So it requires a second district that responds to minority voters. 

The trial court didn’t say you have to draw a district exactly here. It said to the legislature to go back and fix it. The legislature gets first shot, and the trial court will be watching very carefully.

Alabama’s map was adopted two years ago and was used in the midterms last year. How do you address the challenge that litigation takes so long that illegal maps are in place for years no matter the final outcome?

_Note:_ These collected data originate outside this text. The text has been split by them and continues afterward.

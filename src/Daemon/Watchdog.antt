-- ===== src/Daemon/Watchdog.antt =====
-- The drain watchdog of crates/app/src/swarm_node.rs.
use mathlib.Core.Option
use intelnav.Base.{ℕ, ◌≡◌, refl, ◌≢◌, inl, inr, some, [], ◌∷◌, arith, List-cases}
use intelnav.Control.{
  draining, stopped, SliceKey, SliceEntry, slice_key_eq, Slices, ControlState, expired_draining,
  drain_idle, drain_entries, force_stop_all_draining, stop_entries,
}
use intelnav.Control.Entries.{entry_of, entry-force_stop}
use intelnav.Daemon.{Disk, disable_all, persist_drained_slices, grace, watchdog_tick}

-- A force-stop leaves nothing for the sweep to report.
sweep-after-force : (m : Slices) → drain_entries (stop_entries m).0 ≡ ((stop_entries m).0, [])
unfolding drain_entries stop_entries
sweep-after-force [] = refl
sweep-after-force ((k, e) ∷ m) = ground (arith, sweep-after-force m)

drain-after-force :
    (s : ControlState)
    → drain_idle (force_stop_all_draining s).0 ≡ ((force_stop_all_draining s).0, [])
unfolding drain_idle force_stop_all_draining
drain-after-force s = ground (arith, sweep-after-force s.slices)

-- If some drain has outlived its grace, the tick force-stops every draining slice, also one whose
-- grace has just begun; and it records none of them as left, for the sweep that follows finds no
-- draining slice. If none has, the tick changes nothing.
pub watchdog_forces_all :
    (s : ControlState) (disk : Disk) (now : ℕ)
    → (expired_draining s grace now ≡ [] → watchdog_tick s disk now ≡ (s, disk))
      × (expired_draining s grace now ≢ []
          → (watchdog_tick s disk now ≡ ((force_stop_all_draining s).0, disk))
            × ((j : SliceKey) (e : SliceEntry)
                → entry_of s j ≡ some e
                → e.state ≡ draining
                → Option.map (λ d. d.state) (entry_of (watchdog_tick s disk now).0 j)
                  ≡ some stopped))
unfolding watchdog_tick persist_drained_slices disable_all
watchdog_forces_all s disk now = elim (List-cases (expired_draining s grace now)) [
  | inl none_left ↦ (λ _. rw (none_left, watchdog_tick), λ some_left. absurd (some_left none_left))
  | inr (k, ks, late) ↦ (
    λ none_left. cc,
    λ _. (
      ground (arith, drain-after-force s),
      λ j e found st. ground (arith, drain-after-force s, entry-force_stop s j),
    ),
  )
]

Voting cases are different because you can’t fix the damage afterwards. Discriminatory elections have consequences: They’re taking place, and they’re discriminatory, and that means that laws are being put in place and executive actions are being instituted in ways that are not legitimate. The other thing is that VRA cases are hard and complicated; they would take years even if the defendants weren’t fighting like crazy, and they’re often fighting like crazy

That’s why it was so important to have the preclearance regime of Section 5: That stopped the problem before it took effect. And since the Shelby County decision, absent action from Congress, that’s just gone. Folks are right to be frustrated, even with today’s decision.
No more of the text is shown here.